» RECORD EXTRACTS
▶

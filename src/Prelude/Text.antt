-- ===== src/Prelude/Text.antt =====
-- Text as lists of bytes, with what `strncmp`, `%d` and `sscanf` do on it.
pub mod Digits
use Prim.Native.Char.{code}
use Prim.Native.String.{String}
use Prim.Native.Nat.{ℕ, zero, suc, ◌+◌, ◌-◌, ◌*◌, ◌/◌, ◌%◌}
use mathlib.Core.Bool.{Bool, true, false, ◌&&◌, ◌||◌}
use mathlib.Core.Option.{Option, none, some}
use mathlib.Core.List.{List, [], ◌∷◌}
use wfey.Prelude.Tests.{ltb, leb, ◌==◌, if◌then◌else◌}
use wfey.Prelude.Int.{ℤ, pos, sub_ℕ}

abbrev pub Bytes : Type 0
Bytes = List ℕ

-- The bytes of an ASCII literal.
abbrev pub codes : String → Bytes
codes String.[] = []
codes (String.◌∷◌ c s) = code c ∷ codes s

-- `strncmp(text, prefix, strlen(prefix)) == 0`
unfoldable pub has_prefix : Bytes → Bytes → Bool
has_prefix [] text = true
has_prefix (p ∷ prefix) [] = false
has_prefix (p ∷ prefix) (t ∷ text) = p == t && has_prefix prefix text

-- The text behind a prefix.
unfoldable pub strip_prefix : Bytes → Bytes → Option Bytes
strip_prefix [] text = some text
strip_prefix (p ∷ prefix) [] = none
strip_prefix (p ∷ prefix) (t ∷ text) =
    let rest = strip_prefix prefix text in if p == t then rest else none

abbrev is_space : ℕ → Bool
is_space c = c == 32 || (leb 9 c && leb c 13)

abbrev pub is_digit : ℕ → Bool
is_digit c = leb 48 c && leb c 57

-- White space in a format, and before a number.
unfoldable pub skip_space : Bytes → Bytes
skip_space [] = []
skip_space (c ∷ text) = let rest = skip_space text in if is_space c then rest else c ∷ text

-- `fgets` with room for `n` bytes behind which a NUL fits: the text up to the first newline, which is kept.
unfoldable pub first_line : ℕ → Bytes → Bytes
first_line zero text = []
first_line (suc n) [] = []
first_line (suc n) (c ∷ text) = let rest = first_line n text in if c == 10 then c ∷ [] else c ∷ rest

-- The number that the digits at the front add to `acc`.
unfoldable pub digits_from : ℕ → Bytes → ℕ
digits_from acc [] = acc
digits_from acc (c ∷ text) =
    let rest = digits_from (acc * 10 + (c - 48)) text in if is_digit c then rest else acc

unfoldable pub scan_digits : Bytes → Option ℕ
unfolding digits_from
scan_digits [] = none
scan_digits (c ∷ text) = if is_digit c then some (digits_from 0 (c ∷ text)) else none

-- A sign, if there is one, and digits.
unfoldable pub scan_signed : Bytes → Option ℤ
unfolding scan_digits
scan_signed [] = none
scan_signed (c ∷ text) =
    if c == 45
    then elim (scan_digits text) [ none ↦ none | some n ↦ some (sub_ℕ 0 n) ]
    else if c == 43
    then elim (scan_digits text) [ none ↦ none | some n ↦ some (pos n) ]
    else elim (scan_digits (c ∷ text)) [ none ↦ none | some n ↦ some (pos n) ]

-- `%d`, for a number that is not negative; more fuel than the number has digits.
decimal_fuel : ℕ → ℕ → Bytes → Bytes
decimal_fuel zero n rest = rest
decimal_fuel (suc f) n rest =
    let more = decimal_fuel f (n / 10) ((48 + n % 10) ∷ rest) in
    if ltb n 10 then (48 + n) ∷ rest else more

unfoldable pub decimal : ℕ → Bytes
unfolding decimal_fuel
decimal n = decimal_fuel (n + 1) n []
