-- ===== src/CpuInfo.antt =====
-- `getCPUInfo` of include/wfey.h, and the number of cores that `main` of wfey.c makes of it. What the two scripts print is an
-- argument, and so is whether a pipe fails.
pub mod Reads
use wfey.Prelude.{ℕ, ◌*◌, ◌%◌, Bool, true, false, Option, none, some, List, [], ◌∷◌, if◌then◌else◌}
use wfey.Prelude.Int.{ℤ, pos, to_u64}
use wfey.Prelude.Text.{Bytes, skip_space, first_line, scan_signed}
use wfey.Clock.{word}

-- A script behind `popen`: `output` is none where `popen` fails.
pub record Pipe : Type 0 where
  pub output : Option Bytes
  pub close_fails : Bool

pub data CpuInfo : Type 0 where
  exited : CpuInfo
  counted : ℕ → ℕ → CpuInfo  -- cores per socket, sockets

-- `fgets(temp, 255, pipe)`, none at the end of the output.
unfoldable pub read_line : Bytes → Option Bytes
unfolding first_line
read_line [] = none
read_line (c ∷ output) = some (first_line 254 (c ∷ output))

-- `atoi`, for a number that an int holds.
unfoldable pub atoi : Bytes → ℤ
unfolding skip_space scan_signed
atoi text = elim (scan_signed (skip_space text)) [ none ↦ pos 0 | some n ↦ n ]

-- Both pipes are opened before the first is read, and closed behind both reads.
unfoldable pub read_counts : Bytes → Bytes → Bool → CpuInfo
unfolding read_line atoi
read_counts cps_output socks_output close_fails = elim (read_line cps_output) [
  | none ↦ exited
  | some cps ↦ elim (read_line socks_output) [
    | none ↦ exited
    | some socks ↦ if close_fails then exited else counted (to_u64 (atoi cps)) (to_u64 (atoi socks))
  ]
]

unfoldable pub get_cpu_info : Pipe → Pipe → CpuInfo
unfolding read_counts
get_cpu_info cps_pipe socks_pipe = elim cps_pipe.output [
  | none ↦ exited
  | some cps ↦ elim socks_pipe.output [
    | none ↦ exited
    | some socks ↦
        read_counts cps socks (if cps_pipe.close_fails then true else socks_pipe.close_fails)
  ]
]

-- `total_cpu = cores_per_socket * sockets`
unfoldable pub total_cpu : CpuInfo → Option ℕ
total_cpu exited = none
total_cpu (counted cores_per_socket sockets) = some (cores_per_socket * sockets % word)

◀

» TASK REQUIREMENTS
Which lines run from the first of the listing to the line containing "unfoldable pub has_prefix"? Reproduce those exactly, both ends included.

» RESULT
filename src/Prelude/Text.antt
-- ===== src/Prelude/Text.antt =====
-- Text as lists of bytes, with what `strncmp`, `%d` and `sscanf` do on it.
pub mod Digits
use Prim.Native.Char.{code}
use Prim.Native.String.{String}
use Prim.Native.Nat.{ℕ, zero, suc, ◌+◌, ◌-◌, ◌*◌, ◌/◌, ◌%◌}
use mathlib.Core.Bool.{Bool, true, false, ◌&&◌, ◌||◌}
use mathlib.Core.Option.{Option, none, some}
use mathlib.Core.List.{List, [], ◌∷◌}
use wfey.Prelude.Tests.{ltb, leb, ◌==◌, if◌then◌else◌}
use wfey.Prelude.Int.{ℤ, pos, sub_ℕ}

abbrev pub Bytes : Type 0
Bytes = List ℕ

-- The bytes of an ASCII literal.
abbrev pub codes : String → Bytes
codes String.[] = []
codes (String.◌∷◌ c s) = code c ∷ codes s

-- `strncmp(text, prefix, strlen(prefix)) == 0`
unfoldable pub has_prefix : Bytes → Bytes → Bool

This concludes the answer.